A Verse in the Lonesome October: October 24th

Summarizing each day of A Night in the Lonesome October, in verse!

When Things Attack! They
got loose. Unsurprisingly. 
Manumission spell.

Tuesday, October 23, 2018

A Verse in the Lonesome October: October 23rd

Summarizing each day of A Night in the Lonesome October, in verse!

 Black tornado.  Dzzp!    
“I’ve come for my dog." Starlight.
Jack knows how to cut.

Monday, October 22, 2018

A Verse in the Lonesome October: October 22nd

Summarizing each day of A Night in the Lonesome October, in verse!

This fucking chapter.
Ugh. The Dream-Quest of Unknown
pain in my Kad-ass.

A Verse in the Lonesome October: October 21st

Summarizing each day of A Night in the Lonesome October, in verse!


Drunk Russians often
become philosophers. Holmes
cuts loose at the camp.

A Verse in the Lonesome October: October 20th

Summarizing each day of A Night in the Lonesome October, in verse!

Nightwind talks and the
Body Parts Man makes friends with
Gray. Pret-ty kit-ty.

A Verse in the Lonesome October: October 19th

Summarizing each day of A Night in the Lonesome October, in verse!
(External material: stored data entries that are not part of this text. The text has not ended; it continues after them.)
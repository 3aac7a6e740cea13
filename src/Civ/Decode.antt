-- ===== src/Civ/Decode.antt =====
-- src/cat_civ.c: field decoding, and the frames that carry state. A decoder is given the frequency
-- length of the configuration, the state, the data bytes and the time.
use mhuxd.Base.{
  ℕ, ◌+◌, ◌*◌, ◌/◌, ◌%◌, Bool, true, false, not, ◌&&◌, ◌||◌, Option, none, some, List, [], ◌∷◌,
  if◌then◌else◌, ◌==◌, ltb, leb, length, u64,
}
use mhuxd.Cat.{Outcome, updated, nothing, invalid}
use mhuxd.CatState.{
  CatState, set_freq, set_mode, set_data, set_split, select_vfo, exchange_vfos, equalize_vfos,
}
use mhuxd.CatState.Modes.{Mode}
use mhuxd.Civ.State.{f_cmd, f_data}

-- The loop of `dec_freq` over packed BCD, least significant byte first.
unfoldable pub bcd_loop : ℕ → ℕ → List ℕ → Option ℕ
bcd_loop f mul [] = some f
bcd_loop f mul (b ∷ bs) =
    let lo = b % 16 in
    let hi = b / 16 in
    let rest = bcd_loop (u64 (f + (lo + hi * 10) * mul)) (u64 (mul * 100)) bs in
    if ltb 9 lo || ltb 9 hi then none else rest

-- `if(f == 0 || f > UINT32_MAX)`
abbrev pub fits_hz : Option ℕ → Option ℕ
fits_hz none = none
fits_hz (some f) = if f == 0 || ltb 0xffffffff f then none else some f

-- `dec_freq`
unfoldable pub dec_freq : ℕ → List ℕ → Option ℕ
dec_freq freq_len p = if length p == freq_len then fits_hz (bcd_loop 0 1 p) else none

-- `dec_mode`
unfoldable pub dec_mode : ℕ → Option Mode
dec_mode b =
    if b == 0x00
    then some Mode.lsb
    else if b == 0x01
    then some Mode.usb
    else if b == 0x02
    then some Mode.am
    else if b == 0x03
    then some Mode.cw
    else if b == 0x04
    then some Mode.rtty
    else if b == 0x05
    then some Mode.fm
    else if b == 0x06
    then some Mode.wfm
    else if b == 0x07
    then some Mode.cwr
    else if b == 0x08
    then some Mode.rttyr
    else if b == 0x11 || b == 0x14 || b == 0x15
    then some Mode.ams
    else if b == 0x12
    then some Mode.psk
    else if b == 0x13
    then some Mode.pskr
    else if leb 0x16 b && leb b 0x19 || leb 0x20 b && leb b 0x23
    then some Mode.other
    else none

-- `dec_data`
unfoldable pub dec_data : ℕ → Option Bool
dec_data b = if ltb 3 b then none else some (not (b == 0))

-- `apply_freq`
unfoldable pub apply_freq : ℕ → CatState → ℕ → List ℕ → ℕ → Outcome × CatState
apply_freq freq_len st vfo p t = elim (dec_freq freq_len p) [
  | none ↦ (invalid, st)
  | some hz ↦ (updated, set_freq st vfo hz t)
]

-- `apply_mode`: mode, and a filter that is not looked at
unfoldable pub apply_mode : CatState → ℕ → List ℕ → ℕ → Outcome × CatState
apply_mode st vfo [] t = (invalid, st)
apply_mode st vfo (m ∷ rest) t =
    if ltb 1 (length rest)
    then (invalid, st)
    else elim (dec_mode m) [ none ↦ (invalid, st) | some mode ↦ (updated, set_mode st vfo mode t) ]

-- `apply_25`: VFO, frequency
unfoldable pub apply_25 : ℕ → CatState → List ℕ → ℕ → Outcome × CatState
apply_25 freq_len st [] t = (invalid, st)
apply_25 freq_len st (vfo ∷ p) t =
    if ltb 1 vfo then (invalid, st) else apply_freq freq_len st vfo p t

abbrev data_byte : List ℕ → Option Bool
data_byte [] = some false
data_byte (b ∷ rest) = dec_data b

-- `apply_26`: VFO, mode, data and filter; without a data byte data is off.
unfoldable pub apply_26 : CatState → List ℕ → ℕ → Outcome × CatState
apply_26 st [] t = (invalid, st)
apply_26 st (vfo ∷ []) t = (invalid, st)
apply_26 st (vfo ∷ m ∷ rest) t =
    if ltb 2 (length rest) || ltb 1 vfo then (invalid, st) else elim (dec_mode m) [
      | none ↦ (invalid, st)
      | some mode ↦ elim (data_byte rest) [
        | none ↦ (invalid, st)
        | some on ↦ (updated, set_data (set_mode st vfo mode t) vfo on t)
      ]
    ]

-- `apply_1a06`: sub command, data, filter
unfoldable pub apply_1a06 : CatState → List ℕ → ℕ → Outcome × CatState
apply_1a06 st [] t = (invalid, st)
apply_1a06 st (sub ∷ []) t = (invalid, st)
apply_1a06 st (sub ∷ b ∷ rest) t =
    if ltb 1 (length rest)
    then (invalid, st)
    else elim (dec_data b) [ none ↦ (invalid, st) | some on ↦ (updated, set_data st 0 on t) ]

-- `apply_0f`: split
unfoldable pub apply_0f : CatState → List ℕ → ℕ → Outcome × CatState
apply_0f st [] t = (invalid, st)
apply_0f st (b ∷ []) t =
    if leb b 1
    then (updated, set_split st (b == 1) t)
    else (if leb 0x10 b && leb b 0x12 then nothing else invalid, st)
apply_0f st (b ∷ x ∷ rest) t = (invalid, st)

-- `apply_07`: VFO selection
unfoldable pub apply_07 : CatState → List ℕ → ℕ → Outcome × CatState
apply_07 st [] t = (invalid, st)
apply_07 st (b ∷ []) t =
    if b == 0x00
    then (updated, select_vfo st false t)
    else if b == 0x01
    then (updated, select_vfo st true t)
    else if b == 0xa0
    then (updated, equalize_vfos st)
    else if b == 0xb0
    then (updated, exchange_vfos st)
    else (nothing, st)
apply_07 st (b ∷ x ∷ rest) t = (invalid, st)

-- `n >= 1 && p[0] == 0x06`
abbrev pub is_sub_06 : List ℕ → Bool
is_sub_06 [] = false
is_sub_06 (b ∷ rest) = b == 0x06

-- `apply_reply`
unfoldable pub apply_reply : ℕ → CatState → List ℕ → ℕ → Outcome × CatState
apply_reply freq_len st f t =
    let p = f_data f in
    let cmd = f_cmd f in
    if cmd == 0x03
    then apply_freq freq_len st 0 p t
    else if cmd == 0x04
    then apply_mode st 0 p t
    else if cmd == 0x0f
    then apply_0f st p t
    else if cmd == 0x25
    then apply_25 freq_len st p t
    else if cmd == 0x26
    then apply_26 st p t
    else if cmd == 0x1a && is_sub_06 p
    then apply_1a06 st p t
    else (nothing, st)

-- `apply_unsolicited`
unfoldable pub apply_unsolicited : ℕ → CatState → List ℕ → ℕ → Outcome × CatState
apply_unsolicited freq_len st f t =
    let p = f_data f in
    let cmd = f_cmd f in
    if cmd == 0x00
    then apply_freq freq_len st 0 p t
    else if cmd == 0x01
    then apply_mode st 0 p t
    else (nothing, st)

-- `apply_set`
unfoldable pub apply_set : ℕ → CatState → List ℕ → ℕ → Outcome × CatState
apply_set freq_len st f t =
    let p = f_data f in
    let cmd = f_cmd f in
    if cmd == 0x05
    then apply_freq freq_len st 0 p t
    else if cmd == 0x06
    then apply_mode st 0 p t
    else if cmd == 0x07
    then apply_07 st p t
    else if cmd == 0x0f
    then apply_0f st p t
    else if cmd == 0x25
    then apply_25 freq_len st p t
    else if cmd == 0x26
    then apply_26 st p t
    else if cmd == 0x1a && is_sub_06 p
    then apply_1a06 st p t
    else (nothing, st)

-- `has_sub`
unfoldable pub has_sub : ℕ → Bool
has_sub cmd =
    cmd == 0x13
    || cmd == 0x14
    || cmd == 0x15
    || cmd == 0x16
    || cmd == 0x19
    || cmd == 0x1a
    || cmd == 0x1b
    || cmd == 0x1c
    || cmd == 0x1e
    || cmd == 0x21
    || cmd == 0x25
    || cmd == 0x26
    || cmd == 0x27

-- What `is_query` returns: 1, 0 or -1.
pub data Intent : Type 0 where
  query set unsure : Intent

abbrev query_if : Bool → Intent
query_if true = query
query_if false = set

abbrev pub is_query_intent : Intent → Bool
is_query_intent query = true
is_query_intent _ = false

abbrev pub is_set_intent : Intent → Bool
is_set_intent set = true
is_set_intent _ = false

-- `is_query`
unfoldable pub intent : List ℕ → Intent
intent f =
    let p = f_data f in
    let cmd = f_cmd f in
    if cmd == 0x03 || cmd == 0x04 || cmd == 0x0f
    then query_if (length p == 0)
    else if cmd == 0x05 || cmd == 0x06 || cmd == 0x07
    then set
    else if cmd == 0x25 || cmd == 0x26
    then query_if (length p == 1)
    else if cmd == 0x1a && is_sub_06 p
    then query_if (length p == 1)
    else unsure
Headscarves. Crisp morning.
Graymalk informs Snuff that the
Vicar done the deed.

Thursday, October 18, 2018

A Verse in the Lonesome October: October 18th

Summarizing each day of A Night in the Lonesome October, in verse!

Black Mass at the church
of Nyarlathotep. Help
from a friendly wolf.

Wednesday, October 17, 2018

A Verse in the Lonesome October: October 17th

Summarizing each day of A Night in the Lonesome October, in verse!

New Moon. The ghouls all
came from their humble abodes.
Twas a Graveyard Smash.

Tuesday, October 16, 2018

A Verse in the Lonesome October: October 16th

Summarizing each day of A Night in the Lonesome October, in verse!

Questioning players.
Investigating the crime.
Moon dies tomorrow.

A Verse in the Lonesome October: October 15th

Summarizing each day of A Night in the Lonesome October, in verse!

Continuing gray and
drizzling. Help from Larry. 
Disguised detective.

Sunday, October 14, 2018

A Verse in the Lonesome October: October 14th

Summarizing each day of A Night in the Lonesome October, in verse!

A dead man in the 
field. Better start dragging
his body, old boy.

Saturday, October 13, 2018

A Verse in the Lonesome October: October 13th

Summarizing each day of A Night in the Lonesome October, in verse!

The Vicar attacks!
Jack offers a peach to the 
Living Blasphemy.

Friday, October 12, 2018

A Verse in the Lonesome October: October 12th

Summarizing each day of A Night in the Lonesome October, in verse!

Lazy Day. Snuff does
his duties. Jack smokes his pipe
and drinks his sherry.

A Verse in the Lonesome October: October 11th

Summarizing each day of A Night in the Lonesome October, in verse!

The keen eyes of the
Great Detective miss nothing.
Holmes makes friends with Snuff.

Thursday, October 11, 2018

A Verse in the Lonesome October: October 10th

Summarizing each day of A Night in the Lonesome October, in verse!

Another attempted
jailbreak. These Things are just a
huge pain in the ass.

Tuesday, October 9, 2018

A Verse in the Lonesome October: October 9th

Summarizing each day of A Night in the Lonesome October, in verse!

The Great Detective
and Jack converse in the fog.
That’s England for you.

Monday, October 8, 2018

A Verse in the Lonesome October: October 8th

Summarizing each day of A Night in the Lonesome October, in verse!

Meet Larry Talbot.
His own best friend. Thing escapes.
Werewolf Bar Mitzvah!

Sunday, October 7, 2018

A Verse in the Lonesome October: October 7th

Summarizing each day of A Night in the Lonesome October, in verse!

A cat, a rat, and
faithful hound Snuff. Nothing much
else astir. Peaceful.

Saturday, October 6, 2018

A Verse in the Lonesome October: October 6th

Summarizing each day of A Night in the Lonesome October, in verse!

The mirror crack’d from 
side to side.  Jailbreak! Snuff saves
the day. Good Boy, Snuff! 

With apologies to Alfred, Lord Tennyson.

Friday, October 5, 2018

A Verse in the Lonesome October: October 5th

Summarizing each day of A Night in the Lonesome October, in verse!


The Good Doctor's house 
is not far, as the owl flies.
Good work, wise Nightwind.


Thursday, October 4, 2018

Wednesday, October 3, 2018

A Verse in the Lonesome October: October 3rd

Summarizing each day of A Night in the Lonesome October, in verse!

A cat, a bat, and
faithful hound Snuff. Nothing much
else astir. Peaceful.


This is a riff on a passage from The Hand of Oberon

 "Good evening. Lord Corwin," said the lean, cadaverous figure who rested against a storage rack, smoking his pipe, grinning around it.
    "Good evening, Roger. How are things in the nether world?"
    "A rat, a bat, a spider. Nothing much else astir. Peaceful." 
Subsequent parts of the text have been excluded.